Les problèmes rencontrés par les victimes des attentats avec les assurances ont été remis sur le devant de la scène, le temps d’une question. La présidente de la cour d’assises de Bruxelles a en effet interrogé la psychologue militaire Magali Huret sur la manière dont les professionnels de la santé pouvaient juger de la réalité des séquelles psychologiques des victimes.

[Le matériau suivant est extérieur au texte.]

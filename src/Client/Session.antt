-- ===== src/Client/Session.antt =====
-- tide_client/syncv2/session.go: `runOnConn` and the goroutines that it starts.
pub mod Release
use tidegauge_backend.Prelude.{
  ℕ, String, List, [], ◌∷◌, Bool, true, false, not, Option, none, some, if◌then◌else◌,
}
use tidegauge_backend.Prelude.Int.{ℤ}
use tidegauge_backend.Types.{Error, new, StationInfo, is_eof, is_canceled}
use tidegauge_backend.Wire.{
  StationMessage, client_hello, server_hello, station_info, items_latest, status_latest, data_batch,
  item_status_batch, rpi_status, snapshot_request, snapshot_response, error_frame, unset,
  PbStationInfo,
}
use tidegauge_backend.Exec.{
  Exec, Result, ok, err, pure, raise, gets, modify, ◌>>=◌, ◌>>◌, deferred, attempt,
}
use tidegauge_backend.Client.{Deps, Link, recv, send_main_frame}
use tidegauge_backend.Client.Codec.{SendMsg, build_realtime_frame, build_snapshot_response_frame}
use tidegauge_backend.Client.Replay.{send_replay_data, send_replay_status}
use tidegauge_backend.Client.Latest.{recv_latest_frames}

-- internal/syncv2/station_info.go: the maps are copied entry by entry.
unfoldable pub station_info_to_pb : StationInfo → PbStationInfo
station_info_to_pb info = record {
  identifier = info.identifier;
  devices = info.devices;
  cameras = info.cameras;
}

-- What the `select` of the realtime loop receives, in the order in which it receives it: the context's
-- end, the end of `recvStationFrames` (always with an error), the end of the command loop (with the
-- context's error then, if it is done), a value of the local broker (`none`: not a `SendMsgStruct`),
-- or that the subscription's channel is closed.
pub data Event : Type 0 where
  context_done : Error → Event
  frames_ended : Error → Event
  commands_ended : Option Error → Option Error → Event
  published : Option SendMsg → Event
  broker_closed : Event

-- The result of `recvStationFrames` on the frames that come, and the error after them.
unfoldable pub recv_station_frames : List StationMessage → Error → Error
recv_station_frames [] closed = closed
recv_station_frames (error_frame e ∷ rest) closed = new e.message
recv_station_frames (client_hello _ ∷ rest) closed = recv_station_frames rest closed
recv_station_frames (server_hello _ ∷ rest) closed = recv_station_frames rest closed
recv_station_frames (station_info _ ∷ rest) closed = recv_station_frames rest closed
recv_station_frames (items_latest _ ∷ rest) closed = recv_station_frames rest closed
recv_station_frames (status_latest _ ∷ rest) closed = recv_station_frames rest closed
recv_station_frames (data_batch _ ∷ rest) closed = recv_station_frames rest closed
recv_station_frames (item_status_batch _ ∷ rest) closed = recv_station_frames rest closed
recv_station_frames (rpi_status _ ∷ rest) closed = recv_station_frames rest closed
recv_station_frames (snapshot_request _ ∷ rest) closed = recv_station_frames rest closed
recv_station_frames (snapshot_response _ ∷ rest) closed = recv_station_frames rest closed
recv_station_frames (unset ∷ rest) closed = recv_station_frames rest closed

unfoldable pub send_built : Option StationMessage → Exec Link Unit
send_built none = pure tt
send_built (some frame) = send_main_frame frame

unfoldable pub forward_realtime_data : Option SendMsg → Exec Link Unit
unfolding send_built
forward_realtime_data none = pure tt
forward_realtime_data (some msg) = send_built (build_realtime_frame msg)

-- `if err != nil && !errors.Is(err, io.EOF) { return err }; return nil`.
unfoldable pub ended : Option Error → Exec Link Unit
ended none = pure tt
ended (some e) = if is_eof e then pure tt else raise e

-- What follows a forwarded value: only a canceled send ends the loop, any other failure is logged.
unfoldable pub after_forward : Exec Link Unit → Result {0} Unit → Exec Link Unit
after_forward next (ok _) = next
after_forward next (err e) = if is_canceled e then pure tt else next

-- The loop on the events to come; with no more of them the session is still running.
unfoldable pub realtime : List Event → Exec Link Unit
unfolding ended after_forward
realtime [] = pure tt
realtime (context_done e ∷ rest) = raise e
realtime (frames_ended e ∷ rest) = ended (some e)
realtime (commands_ended (some done) result ∷ rest) = raise done
realtime (commands_ended none result ∷ rest) = ended result
realtime (broker_closed ∷ rest) = pure tt
realtime (published msg ∷ rest) =
    attempt (forward_realtime_data msg) (after_forward (realtime rest))

unfoldable pub expect_server_hello : StationMessage → Exec Link Unit
expect_server_hello (server_hello _) = pure tt
expect_server_hello _ = raise (new "expected server_hello")

unfoldable pub set_lock : Bool → Exec Link Unit
set_lock b = modify (λ s. record s { ingest_locked = b })

unfoldable pub set_subscribed : Bool → Exec Link Unit
set_subscribed b = modify (λ s. record s { subscribed = b })

-- What follows the second replay: an error unlocks and ends; else the subscription is entered.
unfoldable pub after_replay_status : Result {0} Unit → Exec Link Unit
unfolding set_lock set_subscribed
after_replay_status (err e) = do set_lock false; raise e
after_replay_status (ok _) = set_subscribed true

-- What follows the first replay, in the same way.
unfoldable pub after_replay_data : Deps → ℤ → Result {0} Unit → Exec Link Unit
unfolding set_lock
after_replay_data deps row_id (err e) = do set_lock false; raise e
after_replay_data deps row_id (ok _) = attempt (send_replay_status deps row_id) after_replay_status

-- From `IngestLock.Lock()` to `Subscribe`: each error path unlocks for itself.
unfoldable pub catch_up : Deps → List (String × ℤ) → ℤ → Exec Link Unit
unfolding set_lock
catch_up deps items row_id = do
  set_lock true
  attempt (send_replay_data deps items) (after_replay_data deps row_id)

-- Below `defer c.deps.Unsubscribe(subscriber)`.
unfoldable pub subscribed_part : List Event → Exec Link Unit
unfolding set_lock
subscribed_part events = do set_lock false; realtime events

unfoldable pub run_on_conn : String → Deps → List Event → Exec Link Unit
unfolding expect_server_hello set_subscribed
run_on_conn identifier deps events = do
  send_main_frame
      (client_hello (some (record { station_identifier = identifier; protocol_version = "v2" })))
  first ← recv
  expect_server_hello first
  send_main_frame (station_info (some (station_info_to_pb deps.station_info)))
  latest ← recv_latest_frames
  catch_up deps latest.items latest.row_id
  deferred (set_subscribed false) (subscribed_part events)

-- A command stream: one request is received and answered. `error_text` is `err.Error()`.
unfoldable pub handle_command : (Error → String) → Deps → StationMessage → Exec Link Unit
handle_command error_text deps (snapshot_request name) =
    send_main_frame (build_snapshot_response_frame error_text name deps.get_camera deps.snapshot)
handle_command error_text deps (error_frame e) = raise (new e.message)
handle_command error_text deps _ = raise (new "unexpected frame while handling command stream")

unfoldable pub handle_command_stream : (Error → String) → Deps → Exec Link Unit
unfolding handle_command
handle_command_stream error_text deps = do frame ← recv; handle_command error_text deps frame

“Comment un professionnel de la santé, comme ceux des assurances, peuvent-ils faire la différence entre ceux qui sont vraiment atteints et les autres ? Existe-t-il des outils sur lesquels se baser ou faut-il faire confiance au discours du patient ?”, a questionné Laurence Massart. “C’est avant tout l’expérience du professionnel qui va pouvoir faire la différence”, a répondu la psychologue militaire. “Il existe une liste très complète des symptômes liés à un stress post-traumatique. C’est trouvable sur internet donc une personne qui le voudrait pourrait consulter cette liste avant d’aller chez le médecin pour expliquer qu’elle souffre d’anxiété, qu’elle est plus impulsive, etc.”, a précisé Magali Huret. “Cependant, après avoir vécu ce genre d’événement, je ne vois pas bien qui pourrait simuler”, a-t-elle ajouté.

 

Leila Maron, victime de l’attentat de Maelbeek, témoigne lors du procès des attentats du 22 mars 2016. – Dessin : Belga/Janne Van Woensel Kooy

Confrontée à une autre question concernant la sensibilisation des professionnels au trauma, la psychologue a expliqué que plusieurs événements, tels que les attentats, avaient donné conscience de l’importance de détecter et de traiter les traumatismes. “Il y a un éveil des professionnels depuis une petite dizaine d’années, mais c’est encore compliqué”, a-t-elle conclu.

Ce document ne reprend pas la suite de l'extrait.